------ INFORMATION SUPPLIED
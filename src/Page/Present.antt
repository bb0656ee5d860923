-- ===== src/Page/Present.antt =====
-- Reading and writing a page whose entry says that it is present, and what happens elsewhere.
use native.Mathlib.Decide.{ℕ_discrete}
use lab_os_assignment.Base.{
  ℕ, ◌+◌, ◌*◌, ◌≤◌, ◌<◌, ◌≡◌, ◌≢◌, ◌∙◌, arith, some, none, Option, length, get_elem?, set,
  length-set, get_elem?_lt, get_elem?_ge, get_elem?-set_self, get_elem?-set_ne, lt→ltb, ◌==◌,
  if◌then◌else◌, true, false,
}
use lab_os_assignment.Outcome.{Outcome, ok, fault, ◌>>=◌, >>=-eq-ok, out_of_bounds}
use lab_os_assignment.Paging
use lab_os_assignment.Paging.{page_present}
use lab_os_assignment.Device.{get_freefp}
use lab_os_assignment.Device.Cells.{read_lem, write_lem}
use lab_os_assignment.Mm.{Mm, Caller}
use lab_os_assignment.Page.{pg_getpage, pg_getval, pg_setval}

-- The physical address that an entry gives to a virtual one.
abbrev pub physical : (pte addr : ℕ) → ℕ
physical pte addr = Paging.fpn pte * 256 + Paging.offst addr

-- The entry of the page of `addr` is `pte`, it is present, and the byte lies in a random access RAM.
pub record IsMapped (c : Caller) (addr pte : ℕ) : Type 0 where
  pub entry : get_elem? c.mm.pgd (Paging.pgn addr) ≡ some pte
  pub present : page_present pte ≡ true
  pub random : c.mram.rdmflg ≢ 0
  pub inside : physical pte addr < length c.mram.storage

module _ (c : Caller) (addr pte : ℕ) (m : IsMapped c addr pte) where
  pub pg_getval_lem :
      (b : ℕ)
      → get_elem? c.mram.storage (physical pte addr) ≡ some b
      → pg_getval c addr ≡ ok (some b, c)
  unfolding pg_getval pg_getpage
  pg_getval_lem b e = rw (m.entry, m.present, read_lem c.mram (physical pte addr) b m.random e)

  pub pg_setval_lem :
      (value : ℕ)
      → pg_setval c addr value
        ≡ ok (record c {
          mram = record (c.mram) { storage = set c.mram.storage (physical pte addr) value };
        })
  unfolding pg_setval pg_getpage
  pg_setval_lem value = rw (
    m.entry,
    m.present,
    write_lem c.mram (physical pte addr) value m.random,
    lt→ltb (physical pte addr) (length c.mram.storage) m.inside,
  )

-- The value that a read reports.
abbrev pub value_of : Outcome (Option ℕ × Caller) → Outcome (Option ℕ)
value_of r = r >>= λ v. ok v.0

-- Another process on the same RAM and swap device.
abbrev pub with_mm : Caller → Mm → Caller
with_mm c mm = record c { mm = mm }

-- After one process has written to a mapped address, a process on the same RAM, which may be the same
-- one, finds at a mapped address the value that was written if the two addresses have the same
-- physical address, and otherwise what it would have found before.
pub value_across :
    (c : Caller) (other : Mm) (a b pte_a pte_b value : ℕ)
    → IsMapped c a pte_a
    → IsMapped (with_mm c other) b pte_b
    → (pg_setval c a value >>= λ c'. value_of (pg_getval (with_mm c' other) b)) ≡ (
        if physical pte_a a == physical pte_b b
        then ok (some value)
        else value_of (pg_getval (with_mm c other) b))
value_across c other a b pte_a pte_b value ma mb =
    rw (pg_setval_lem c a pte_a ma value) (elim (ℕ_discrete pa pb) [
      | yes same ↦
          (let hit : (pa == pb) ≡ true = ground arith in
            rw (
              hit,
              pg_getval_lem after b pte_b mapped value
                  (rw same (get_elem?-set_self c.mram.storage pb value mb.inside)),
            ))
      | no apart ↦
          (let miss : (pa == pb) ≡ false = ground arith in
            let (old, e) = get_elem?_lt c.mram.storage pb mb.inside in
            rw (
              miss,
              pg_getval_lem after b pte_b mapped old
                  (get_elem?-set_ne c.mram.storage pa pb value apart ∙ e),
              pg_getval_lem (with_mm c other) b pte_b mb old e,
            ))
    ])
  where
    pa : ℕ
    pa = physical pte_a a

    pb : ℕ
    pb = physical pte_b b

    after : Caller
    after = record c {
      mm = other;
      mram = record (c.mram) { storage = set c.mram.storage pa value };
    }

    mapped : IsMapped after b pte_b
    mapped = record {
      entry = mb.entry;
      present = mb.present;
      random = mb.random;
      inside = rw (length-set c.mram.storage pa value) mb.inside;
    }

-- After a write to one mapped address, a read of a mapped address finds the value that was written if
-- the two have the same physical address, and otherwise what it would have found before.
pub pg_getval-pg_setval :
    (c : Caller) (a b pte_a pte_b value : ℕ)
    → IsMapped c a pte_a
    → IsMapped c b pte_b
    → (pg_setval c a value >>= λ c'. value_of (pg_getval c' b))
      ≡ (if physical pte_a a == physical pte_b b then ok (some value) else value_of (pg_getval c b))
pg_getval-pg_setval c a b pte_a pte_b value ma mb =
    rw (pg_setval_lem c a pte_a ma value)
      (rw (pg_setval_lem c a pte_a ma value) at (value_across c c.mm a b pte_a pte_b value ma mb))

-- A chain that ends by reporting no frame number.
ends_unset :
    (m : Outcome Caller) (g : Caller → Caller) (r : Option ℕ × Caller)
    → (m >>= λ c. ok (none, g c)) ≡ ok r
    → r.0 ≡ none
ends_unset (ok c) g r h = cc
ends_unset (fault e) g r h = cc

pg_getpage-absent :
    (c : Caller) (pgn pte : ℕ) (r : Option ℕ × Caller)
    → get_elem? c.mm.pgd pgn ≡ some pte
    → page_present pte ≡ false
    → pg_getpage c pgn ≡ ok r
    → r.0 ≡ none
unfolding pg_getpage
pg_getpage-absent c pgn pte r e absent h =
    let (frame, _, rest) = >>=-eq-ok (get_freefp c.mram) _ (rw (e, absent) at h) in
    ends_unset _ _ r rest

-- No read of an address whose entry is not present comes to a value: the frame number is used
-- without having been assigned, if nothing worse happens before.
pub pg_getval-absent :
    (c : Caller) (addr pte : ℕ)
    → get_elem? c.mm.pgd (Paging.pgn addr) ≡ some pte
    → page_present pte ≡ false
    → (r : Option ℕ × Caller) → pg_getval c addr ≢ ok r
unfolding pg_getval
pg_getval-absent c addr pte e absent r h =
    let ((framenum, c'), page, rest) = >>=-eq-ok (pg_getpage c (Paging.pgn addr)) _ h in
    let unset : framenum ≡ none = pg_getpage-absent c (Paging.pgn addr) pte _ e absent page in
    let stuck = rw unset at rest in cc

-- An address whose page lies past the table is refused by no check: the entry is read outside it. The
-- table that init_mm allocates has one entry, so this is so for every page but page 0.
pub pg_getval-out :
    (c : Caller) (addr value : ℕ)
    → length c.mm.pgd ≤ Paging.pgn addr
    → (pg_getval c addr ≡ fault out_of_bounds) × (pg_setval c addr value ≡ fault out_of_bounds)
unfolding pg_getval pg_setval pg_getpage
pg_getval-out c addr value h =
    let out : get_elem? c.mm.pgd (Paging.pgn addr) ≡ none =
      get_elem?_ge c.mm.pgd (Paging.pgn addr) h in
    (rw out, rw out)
------------
ASSIGNMENT ▸
Starting at the line above that contains "mapped : IsMapped after b pte_b", write out each line exactly until the line that contains "-- No read of" has been written, and stop there.

EXERCISE ANSWER ▸
    mapped : IsMapped after b pte_b
    mapped = record {
      entry = mb.entry;
      present = mb.present;
      random = mb.random;
      inside = rw (length-set c.mram.storage pa value) mb.inside;
    }

-- After a write to one mapped address, a read of a mapped address finds the value that was written if
-- the two have the same physical address, and otherwise what it would have found before.
pub pg_getval-pg_setval :
    (c : Caller) (a b pte_a pte_b value : ℕ)
    → IsMapped c a pte_a
    → IsMapped c b pte_b
    → (pg_setval c a value >>= λ c'. value_of (pg_getval c' b))
      ≡ (if physical pte_a a == physical pte_b b then ok (some value) else value_of (pg_getval c b))
pg_getval-pg_setval c a b pte_a pte_b value ma mb =
    rw (pg_setval_lem c a pte_a ma value)
      (rw (pg_setval_lem c a pte_a ma value) at (value_across c c.mm a b pte_a pte_b value ma mb))

-- A chain that ends by reporting no frame number.
ends_unset :
    (m : Outcome Caller) (g : Caller → Caller) (r : Option ℕ × Caller)
    → (m >>= λ c. ok (none, g c)) ≡ ok r
    → r.0 ≡ none
ends_unset (ok c) g r h = cc
ends_unset (fault e) g r h = cc

pg_getpage-absent :
    (c : Caller) (pgn pte : ℕ) (r : Option ℕ × Caller)
    → get_elem? c.mm.pgd pgn ≡ some pte
    → page_present pte ≡ false
    → pg_getpage c pgn ≡ ok r
    → r.0 ≡ none
unfolding pg_getpage
pg_getpage-absent c pgn pte r e absent h =
    let (frame, _, rest) = >>=-eq-ok (get_freefp c.mram) _ (rw (e, absent) at h) in
    ends_unset _ _ r rest

-- No read of an address whose entry is not present comes to a value: the frame number is used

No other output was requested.